Julian Edelman slams the NFL selection committee as "haters" after the eight-time Super Bowl champion missed first-ballot induction, while North Carolina head coach Bill Belichick shifts focus toward Chapel Hill.
Earlier this year, North Carolina head coach Bill Belichick received a major snub from the NFL Hall of Fame.
Despite winning six Super Bowls as a head coach and two more as an assistant coach, the HOF selection committee didn't put Belichick in this year, meaning the best head coach in league history wasn't good enough to earn first-ballot HOF recognition.
It's a stain on the Hall of Fame, selection committee, and the mostly media personnel who make up the committee.
Former New England Patriots wide receiver Julian Edelman believes Belichick should have been in on the first try.
"That's kind of a joke, no?" Edelman said on "The St. Brown Podcast" recently, via NESN. "It's been funny. I don't know what you have to do to be a first-ballot Hall of Famer. It is what it is. There's a bunch of haters out there. The Patriot hate is clearly real. It's real.
"This guy won six Super Bowls as a head coach, two as a coordinator, developed the nickel defense, has the perfect regular season, and has some of the craziest accolades of all time, and he doesn't make it. It just tells me that it's true that there are real haters out there who will just hate on people. It does make you look a little different at the Hall of Fame."
During spring football, Belichick was asked about the Hall of Fame snub. The second-year head coach of the Tar Heels suggested that he was focused on getting UNC on the right path, not about what the NFL committee did a few months ago.
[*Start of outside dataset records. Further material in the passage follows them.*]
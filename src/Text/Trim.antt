-- ===== src/Text/Trim.antt =====
-- What strings.TrimSpace leaves begins with no space, and trimming it again leaves something.
use go_project.Base.{ℕ, ◌≡◌, refl, List, [], ◌∷◌, ◌++◌, false, ◌⊎◌, inl, inr, Bool-cases, arith}
use go_project.Text.{is_empty, is_space, put, trim_left, trim_right, trim_space}

abbrev Begins : List ℕ → Type 0
Begins s = (s ≡ []) ⊎ ((c : ℕ) × (r : List ℕ) × (s ≡ c ∷ r) × (is_space c ≡ false))

trim_left-Begins : (s : List ℕ) → Begins (trim_left s)
unfolding trim_left
trim_left-Begins [] = inl refl
trim_left-Begins (c ∷ s) = elim (Bool-cases (is_space c)) [
  | inl space ↦ rw space (trim_left-Begins s)
  | inr letter ↦ rw letter (inr (c, s, refl, letter))
]

put_letter : (c : ℕ) (s : List ℕ) → is_space c ≡ false → put c s ≡ c ∷ s
put_letter c [] h = rw h
put_letter c (d ∷ s) h = refl

pub trim_space-letter :
    (c : ℕ) (s : List ℕ) → is_space c ≡ false → trim_space (c ∷ s) ≡ c ∷ trim_right s
unfolding trim_space trim_left trim_right
trim_space-letter c s h = rw h (put_letter c (trim_right s) h)

trim_space-Begins : (s : List ℕ) → Begins (trim_space s)
unfolding trim_space trim_right
trim_space-Begins s = elim (trim_left-Begins s) [
  | inl e ↦ inl (rw e refl)
  | inr (c, r, e, h) ↦ inr (c, trim_right r, rw e (put_letter c (trim_right r) h), h)
]

pub trim_space_again :
    (s : List ℕ) → is_empty (trim_space s) ≡ false → is_empty (trim_space (trim_space s)) ≡ false
trim_space_again s h = elim (trim_space-Begins s) [
  | inl e ↦ ground (arith, h, e)
  | inr (c, r, e, l) ↦ rw e (rw (trim_space-letter c r l) refl)
]

put_before : (c : ℕ) (a t : List ℕ) → is_empty t ≡ false → put c (a ++ t) ≡ c ∷ (a ++ t)
put_before c [] [] n = absurd (ground (arith, n))
put_before c [] (d ∷ t) n = refl
put_before c (d ∷ a) t n = refl

-- A text that ends in one that is trimmed.
pub trim_right_tail :
    (a t : List ℕ) → trim_right t ≡ t → is_empty t ≡ false → trim_right (a ++ t) ≡ a ++ t
unfolding trim_right
trim_right_tail [] t e n = e
trim_right_tail (c ∷ a) t e n = rw (trim_right_tail a t e n) (put_before c a t n)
“No, I’m focused on coaching this team and focused on getting Carolina football to the highest level I can,” he said. “I focus on what I can do, and things that are out of my control, I don’t worry about.”
After a 4-8 season in 2025, Belichick has plenty of work to do to turn the Tar Heels into a winner. The former Patriots head coach will eventually make the Hall of Fame, though he’ll never be a first-ballot inductee, which is a stain on the institution in Canton, Ohio.